Hyde rightfully treats the activist critiques of David Walker and Frederick Douglass as simultaneously articulating and informing antebellum American views of citizenship. Civic Longing was doubtless already complete by the time Kunal M. Parker’s Making Foreigners: Immigration and Citizenship Law in America, 1600–2000 (New York: Cambridge University Press, 2015) was published. How, one wonders, did the persistent “politico-legal strategies” to alienate “insiders” such as Native Americans and African Americans that Parker describes in Making Foreigners (4) intersect with the cultural conceptions of citizenship Hyde identifies during the antebellum period?
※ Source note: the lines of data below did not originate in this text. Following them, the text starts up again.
-- ===== src/Tools/Files/Editing.antt =====
-- The optimistic lock of edit (tools.go: edit and applyLineEdit).
use repo_extension.Base.{◌≡◌, refl, Option, none, some, List, leb, ◌==◌}
use repo_extension.Base.Int.{pos}
use repo_extension.Base.Text.{Text, is_empty}
use repo_extension.Errs.{format, plain, ◌%v◌}
use repo_extension.Json.{Items, Fields}
use repo_extension.Effects.{Piece, transport_error, answered, garbled, Prog}
use repo_extension.Effects.Follows.{Follows-handle, Follows-if}
use repo_extension.Jjlab.MergeRequests.{commit}
use repo_extension.I18n.{lc}
use repo_extension.Tools.{edited, bad_edit, edit_panics, Edit, apply_line_edit}
use repo_extension.Tools.Host.{Host, ToolResult, is_not_found}
use repo_extension.Tools.Sessions.{session_base}
use repo_extension.Tools.Files.{contents_path, read_file_raw, missing_path}
use repo_extension.Tools.Files.Writing.{update_action, commit_edit, with_edit, edit}
use repo_extension.Tools.Files.Locking.{
  Seen, AnySeen, commit_request, IsLocked, AllowedEdit, seen_next, Locks, WasRead, then-Locks,
  lc-Locks, ef-Locks, session_base-Locks, garbled-Locks, read-Locks,
}

module _ (host : Host) (args : Fields) where
  -- A commit is a single request.
  commit-Locks :
      (o r b message : Text) (actions : Items) (s : Seen)
      → IsLocked host args s (commit_request o r b message actions)
      → Locks host args AnySeen (commit o r b message actions) s
  unfolding commit
  commit-Locks o r b message actions s h = (
    h,
    elim [
      | transport_error m ↦ tt
      | answered status v ↦
          Follows-if (AllowedEdit host args) (seen_next host args) AnySeen (status == 404) _ _ none
            (λ _. tt)
            λ _.
              Follows-if (AllowedEdit host args) (seen_next host args) AnySeen (leb 400 status) _ _
                none (λ _. tt) (λ _. tt)
      | garbled status m ↦
          garbled-Locks host args AnySeen status (plain (format "%s %s: decode response: %w" %v m))
            none
    ],
  )

  edited-Locks :
      (o r b sid message old sha new : Text) (s : Option (List Piece × Text × Text))
      → s ≡ some (contents_path o r b (host.arg_string args "path"), old, sha)
      → apply_line_edit old
          (host.arg_int args "start-line" (pos 0))
          (host.arg_int args "end-line" (pos 0))
          (host.arg_string args "content")
        ≡ edited new
      → Locks host args AnySeen
          (commit_edit host
            (o, r, b)
            sid
            (host.arg_string args "path")
            (host.arg_int args "start-line" (pos 0))
            (host.arg_int args "end-line" (pos 0))
            (host.arg_string args "content")
            message
            old
            sha
            new)
          s
  unfolding commit_edit
  edited-Locks o r b sid message old sha new s e k =
      Follows-handle (AllowedEdit host args) (seen_next host args) AnySeen AnySeen
        (commit o r b message (update_action host (host.arg_string args "path") new sha)) _ _ s
        (commit-Locks o r b message (update_action host (host.arg_string args "path") new sha) s
          (record {
            place = (o, r, b);
            message = message;
            old = old;
            sha = sha;
            new = new;
            was_read = e;
            was_edited = k;
            writes = refl;
          }))
        (λ v t _.
          then-Locks host args AnySeen (lc sid _ _) _ t (lc-Locks host args sid _ _ t) (λ _ _. tt))
        (λ x t. ef-Locks host args ToolResult sid _ _ t)

  with_edit-Locks :
      (f : Text → Prog ToolResult) (x : Edit) (s : Seen)
      → ((new : Text) → x ≡ edited new → Locks host args AnySeen (f new) s)
      → Locks host args AnySeen (with_edit host f x) s
  with_edit-Locks f (edited new) s h = h new refl
  with_edit-Locks f (bad_edit m) s h = tt
  with_edit-Locks f edit_panics s h = tt

  -- Whatever the services, the database and the SDK answer, edit writes no row, asks the agent for
  -- nothing, and sends jjlab GETs and at most one commit for each of them. The commit replaces the
  -- file that the GET was for, in its repository and on its bookmark, by the edit of the text that
  -- it answered, and carries the sha of the same answer.
  pub edit-Locked :
      (session_name : Text) → Locks host args AnySeen (edit host args session_name) none
  unfolding edit missing_path
  edit-Locked session_name =
      then-Locks host args AnySeen (session_base session_name) _ none
        (session_base-Locks host args session_name none)
        λ (o, r, b) t.
          Follows-if (AllowedEdit host args) (seen_next host args) AnySeen
            (is_empty (host.arg_string args "path")) _ _ t
            (λ _. ef-Locks host args ToolResult session_name _ _ t)
            λ _.
              Follows-handle (AllowedEdit host args) (seen_next host args)
                (WasRead host args (contents_path o r b (host.arg_string args "path"))) AnySeen
                (read_file_raw host o r b (host.arg_string args "path")) _ _ t
                (read-Locks host args o r b (host.arg_string args "path") t)
                (λ (old, sha, size) u e.
                  with_edit-Locks _ _ u
                    (λ new k. edited-Locks o r b session_name _ old sha new u e k))
                (λ x u.
                  Follows-if (AllowedEdit host args) (seen_next host args) AnySeen (is_not_found x)
                    _ _ u (λ _. ef-Locks host args ToolResult session_name _ _ u)
                    (λ _. ef-Locks host args ToolResult session_name _ _ u))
Conversely, Civic Longing appears at a moment when legal historians and literary critics are foregrounding African Americans’ formative role in realizing the meaning of both state and national citizenship in U.S. law, politics, and culture. Far from limning an idealized citizenship manqué, this scholarship is demonstrating how African Americans, in the words of Martha S. Jones in Birthright Citizens: A History of Race and Rights in Antebellum America (Cambridge: Cambridge University Press, 2018), “secured citizenship by comporting themselves like citizens” – from registering births and suing defaulting debtors, to holding state and national political conventions (10). How will a greater understanding of what Derrick R. Spires in The Practice of Citizenship: Black Politics and Print Culture in the Early United States (Philadelphia, PA: University of Pennsylvania Press, 2019) calls African Americans’ “practice of citizenship” throw into relief the speculative civic longing of their predominantly white fellow Americans?